Your hit podcast Secrets We Keep: Shame, Lies & Family was inspired by your own family story. Tell us about the moment you discovered the secret your mother had kept from you her whole life. Mum died of alcoholism in 2011. At her wake, a photo I’d never seen before appeared in a slideshow. It showed her as a teenager cradling a baby and standing next to a young man, his arm around her. She had a wedding ring on. I was floored. It looked like a family portrait but the man wasn’t my dad and the baby wasn’t me. I spent the next 12 years trying to find out who they were, in an attempt to better understand who Mum really was.

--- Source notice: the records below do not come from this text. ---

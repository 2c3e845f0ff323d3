-- ===== src/Cached/Methods/Contracts.antt =====
-- The methods of app/db/cached/accessor.go on contracts.
use idena_indexer_api.Prelude.{ℕ, Option, [], ◌∷◌}
use idena_indexer_api.Prelude.Text.{Text, codes}
use idena_indexer_api.Cached.Key.{number, text}
use idena_indexer_api.Cached.Entry.{Entry, entry, pointer_to}

pub data ContractCall : Type 0 where
  contract : Text → ContractCall
  contract_tx_balance_updates : Text → ℕ → Option (ℕ × Text) → ContractCall
  contract_verified_code_file : Text → ContractCall
  time_lock_contract : Text → ContractCall
  multisig_contract : Text → ContractCall
  oracle_lock_contract : Text → ContractCall
  refundable_oracle_lock_contract : Text → ContractCall
  address_oracle_voting_contracts : Text → ℕ → Option (ℕ × Text) → ContractCall

unfoldable pub contract_entry : ContractCall → Entry
contract_entry (contract address) =
    entry (codes "Contract") (text address ∷ []) (codes "Contract") (text address ∷ [])
contract_entry (contract_tx_balance_updates contract_address count continuation_token) =
    entry (codes "ContractTxBalanceUpdates")
      (text contract_address ∷ number count ∷ pointer_to continuation_token ∷ [])
      (codes "ContractTxBalanceUpdates")
      (text contract_address ∷ number count ∷ pointer_to continuation_token ∷ [])
contract_entry (contract_verified_code_file address) =
    entry (codes "ContractVerifiedCodeFile") (text address ∷ []) (codes "ContractVerifiedCodeFile")
      (text address ∷ [])
contract_entry (time_lock_contract address) =
    entry (codes "TimeLockContract") (text address ∷ []) (codes "TimeLockContract")
      (text address ∷ [])
contract_entry (multisig_contract address) =
    entry (codes "MultisigContract") (text address ∷ []) (codes "MultisigContract")
      (text address ∷ [])
contract_entry (oracle_lock_contract address) =
    entry (codes "OracleLockContract") (text address ∷ []) (codes "OracleLockContract")
      (text address ∷ [])
contract_entry (refundable_oracle_lock_contract address) =
    entry (codes "RefundableOracleLockContract") (text address ∷ [])
      (codes "RefundableOracleLockContract") (text address ∷ [])
contract_entry (address_oracle_voting_contracts address count continuation_token) =
    entry (codes "AddressOracleVotingContracts")
      (text address ∷ number count ∷ pointer_to continuation_token ∷ [])
      (codes "AddressOracleVotingContracts")
      (text address ∷ number count ∷ pointer_to continuation_token ∷ [])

The photo that started Amelia Oberhardt’s quest for the truth
The photo that started Amelia Oberhardt’s quest for the truth

Your podcast opens a Pandora’s Box on reproductive rights for women in 1970s Australia. What shocked you most about this era? The sheer scale of forced adoption – as well as how streamlined the process was. Governments, doctors, religious institutions and social workers enabled a system that allowed forced adoption to thrive. We don’t know the true numbers of families impacted. Even today, there are still people desperately trying to find their children or their biological parents. On a personal level, I was shocked to learn Mum had been forced to get married after falling pregnant as a teen. She’d never mentioned anything to me about this chapter in her life.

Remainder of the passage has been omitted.